Trixi.jl is a numerical simulation framework for hyperbolic conservation laws written in Julia. A key objective for the framework is to be useful to both scientists and students. Therefore, next to having an extensible design with a fast implementation, Trixi is focused on being easy to use for new or inexperienced users, including the installation and postprocessing procedures. Its features include:

Hierarchical quadtree/octree grid with adaptive mesh refinement
Native support for 1D, 2D, and 3D simulations
High-order accuracy in space in time
Nodal discontinuous Galerkin spectral element methods
- Kinetic energy-preserving and entropy-stable split forms
- Entropy-stable shock capturing
- Positivity-preserving limiting
Compatible with the SciML ecosystem for ordinary differential equations
- Explicit low-storage Runge-Kutta time integration
- Strong stability preserving methods
- CFL-based and error-based time step control
Square/cubic domains with periodic and weakly-enforced boundary conditions
Multiple governing equations:
- Compressible Euler equations
- Magnetohydrodynamics equations
- Hyperbolic diffusion equations for elliptic problems
- Scalar advection
Multi-physics simulations
- Self-gravitating gas dynamics
Shared-memory parallelization via multithreading
Visualization of results with Julia-only tools (Trixi2Img) or ParaView/VisIt (Trixi2Vtk)

Installation

If you have not yet installed Julia, please follow the instructions for your operating system. Trixi works with Julia v1.5.

For users

Trixi and related postprocessing tools are registered Julia packages. Hence, you can install Trixi, the visualization tools Trixi2Vtk and Trixi2Img, and the OrdinaryDiffEq.jl package by executing the following commands in the Julia REPL:

julia> import Pkg

julia> Pkg.add("Trixi"); Pkg.add("Trixi2Vtk"); Pkg.add("Trixi2Img"); Pkg.add("OrdinaryDiffEq")

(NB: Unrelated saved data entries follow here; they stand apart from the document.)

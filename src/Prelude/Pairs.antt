-- ===== src/Prelude/Pairs.antt =====
-- C arrays of two elements, one for each button or ring. Indices past 1 are never used: the
-- callers test them first, as the source does.
use Prim.Native.Nat.{ℕ, zero, suc}

pub record Two {ℓ} (A : Type ℓ) : Type ℓ where
  pub first : A
  pub second : A

module _ {ℓ} {A : Type ℓ} where
  abbrev pub entry : Two A → ℕ → A
  entry t zero = t.first
  entry t (suc i) = t.second

  abbrev pub update : Two A → ℕ → A → Two A
  update t zero v = record t { first = v }
  update t (suc i) v = record t { second = v }

  abbrev pub both : A → Two A
  both v = record { first = v; second = v }
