-- ===== src/App.antt =====
-- firmware/src/main.c: the loop's assembly of command lines out of the bytes that arrive.
pub mod Lines
pub mod Dispatch
pub mod Loop
pub mod Start
pub mod SelfTest
use rp2040_eth_panel.Prelude.{
  ℕ, zero, suc, ◌-◌, Bool, true, false, List, [], ◌∷◌, ◌++◌, length, ltb, ◌==◌, if◌then◌else◌,
}

-- `sizeof(linebuf)`
abbrev pub linebuf_size : ℕ
linebuf_size = 256

-- `linebuf` up to `linelen`, and `discard`.
pub record LineBuf : Type 0 where
  pub text : List ℕ
  pub discard : Bool

-- What the loop does with the bytes: a line for `dispatch`, or the error line.
pub data Outcome : Type 0 where
  dispatched : List ℕ → Outcome
  too_long : Outcome

-- What a new connection leaves (and the start of `main`).
abbrev pub empty_line : LineBuf
empty_line = record { text = []; discard = false }

-- One byte of the loop over `rxbuf`; 10 is '\n'.
unfoldable pub take_byte : LineBuf → ℕ → List Outcome × LineBuf
take_byte b ch =
    if ch == 10
    then (
      if b.discard then [] else if ltb 0 (length b.text) then dispatched b.text ∷ [] else [],
      empty_line,
    )
    else if b.discard
    then ([], b)
    else if ltb (length b.text) (linebuf_size - 1)
    then ([], record b { text = b.text ++ (ch ∷ []) })
    else (too_long ∷ [], record { text = []; discard = true })

-- The loop over the bytes that `net_read` returned.
unfoldable pub take_bytes : LineBuf → List ℕ → List Outcome × LineBuf
take_bytes b [] = ([], b)
take_bytes b (ch ∷ chs) =
    let (out, b') = take_byte b ch in let (rest, b'') = take_bytes b' chs in (out ++ rest, b'')
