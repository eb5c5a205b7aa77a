-- ===== src/Prelude/Int.antt =====
-- C `int` values as signed integers: the parser marks an absent field by -1.
use Prim.Native.Nat.{ℕ, zero, suc, compare, Ordering}
use mathlib.Core.Bool.{Bool, true, false}

-- `negsuc n` is -(n + 1).
pub data ℤ : Type 0 where
  pos : ℕ → ℤ
  negsuc : ℕ → ℤ

abbrev pub minus_one : ℤ
minus_one = negsuc 0

-- `v == -1`
abbrev pub is_minus_one : ℤ → Bool
is_minus_one (pos n) = false
is_minus_one (negsuc zero) = true
is_minus_one (negsuc (suc n)) = false

-- `lo <= v && v <= hi` for bounds that are not negative
abbrev pub in_bounds : ℕ → ℕ → ℤ → Bool
in_bounds lo hi (pos n) = elim (compare lo n) [
  | Ordering.gt ↦ false
  | _ ↦ elim (compare n hi) [ Ordering.gt ↦ false | _ ↦ true ]
]
in_bounds lo hi (negsuc n) = false

-- `v - 1`
abbrev pub pred_ℤ : ℤ → ℤ
pred_ℤ (pos zero) = negsuc 0
pred_ℤ (pos (suc n)) = pos n
pred_ℤ (negsuc n) = negsuc (suc n)

-- The value of a non-negative integer; it is only used behind a range test.
abbrev pub to_nat : ℤ → ℕ
to_nat (pos n) = n
to_nat (negsuc n) = 0
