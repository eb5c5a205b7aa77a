-- ===== src/Buttons.antt =====
-- firmware/src/buttons/buttons.{h,c}: debounced edge events of the two buttons. Times are
-- `uint32_t` milliseconds, which wrap.
pub mod Events
pub mod Round
pub mod Held
pub mod Pins
use rp2040_eth_panel.Prelude.{
  ℕ, zero, suc, ◌+◌, ◌^◌, Bool, true, false, not, ◌&&◌, List, [], ◌∷◌, ◌++◌, Two, entry, update,
  both, length, same, leb, ltb, sub32, if◌then◌else◌,
}

-- `btn_event`: the 1-based button and the direction of its edge.
pub record ButtonEvent : Type 0 where
  pub id : ℕ
  pub pressed : Bool

-- `buttons_t`
pub record Buttons : Type 0 where
  pub stable : Two Bool
  pub raw_last : Two Bool
  pub raw_since_ms : Two ℕ
  pub debounce_ms : ℕ
  pub initialized : Bool

unfoldable pub buttons_init : ℕ → Buttons
buttons_init debounce_ms = record {
  stable = both false;
  raw_last = both false;
  raw_since_ms = both 0;
  debounce_ms = debounce_ms;
  initialized = false;
}

unfoldable pub buttons_set_debounce : Buttons → ℕ → Buttons
buttons_set_debounce bs debounce_ms = record bs { debounce_ms = debounce_ms }

-- The seeding branch: the first snapshot, no events.
unfoldable pub seed : Buttons → Two Bool → ℕ → Buttons
seed bs raw now_ms = record bs {
  stable = raw;
  raw_last = raw;
  raw_since_ms = both now_ms;
  initialized = true;
}

-- The first `if` of the loop body: note a change of the raw level.
unfoldable pub latch : ℕ → Two Bool → ℕ → Buttons → Buttons
latch i raw now_ms bs = if same (entry raw i) (entry bs.raw_last i) then bs else record bs {
  raw_last = update bs.raw_last i (entry raw i);
  raw_since_ms = update bs.raw_since_ms i now_ms;
}

-- The condition of the second `if`: a level other than the stable one, held for long enough.
unfoldable pub settled : ℕ → Two Bool → ℕ → Buttons → Bool
settled i raw now_ms bs =
    not (same (entry raw i) (entry bs.stable i))
    && leb bs.debounce_ms (sub32 now_ms (entry bs.raw_since_ms i))

-- The body of the second `if`: flip and report, if the buffer has room. `ne` is the length.
unfoldable pub commit : ℕ → Two Bool → ℕ → Buttons → List ButtonEvent → Buttons × List ButtonEvent
commit i raw max_events bs evs =
    if ltb (length evs) max_events
    then (
      record bs { stable = update bs.stable i (entry raw i) },
      evs ++ (record { id = i + 1; pressed = entry raw i } ∷ []),
    )
    else (bs, evs)

-- One round of the loop over the buttons.
unfoldable pub update_button :
    ℕ → Two Bool → ℕ → ℕ → Buttons → List ButtonEvent → Buttons × List ButtonEvent
unfolding latch settled commit
update_button i raw now_ms max_events bs evs =
    let latched = latch i raw now_ms bs in
    if settled i raw now_ms latched then commit i raw max_events latched evs else (latched, evs)

-- The rounds at 0 and 1.
unfoldable pub update_both : Two Bool → ℕ → ℕ → Buttons → Buttons × List ButtonEvent
unfolding update_button
update_both raw now_ms max_events bs =
    let (bs', evs) = update_button 0 raw now_ms max_events bs [] in
    update_button 1 raw now_ms max_events bs' evs

-- The new state and the events written. A negative `max_events` acts as 0.
unfoldable pub buttons_update : Buttons → Two Bool → ℕ → ℕ → Buttons × List ButtonEvent
unfolding seed update_both
buttons_update bs raw now_ms max_events =
    if bs.initialized then update_both raw now_ms max_events bs else (seed bs raw now_ms, [])

-- A 0-based index; a negative one is out of range like 2.
unfoldable pub buttons_pressed : Buttons → ℕ → Bool
buttons_pressed bs idx = if ltb idx 2 then entry bs.stable idx else false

Note that you can copy and paste all commands to the REPL including the leading julia> prompts - they will automatically be stripped away by Julia. The package OrdinaryDiffEq.jl provides time integration schemes used by Trixi.

For developers

If you plan on editing Trixi itself, you have two options: installing it as a dev package or cloning it to a local folder.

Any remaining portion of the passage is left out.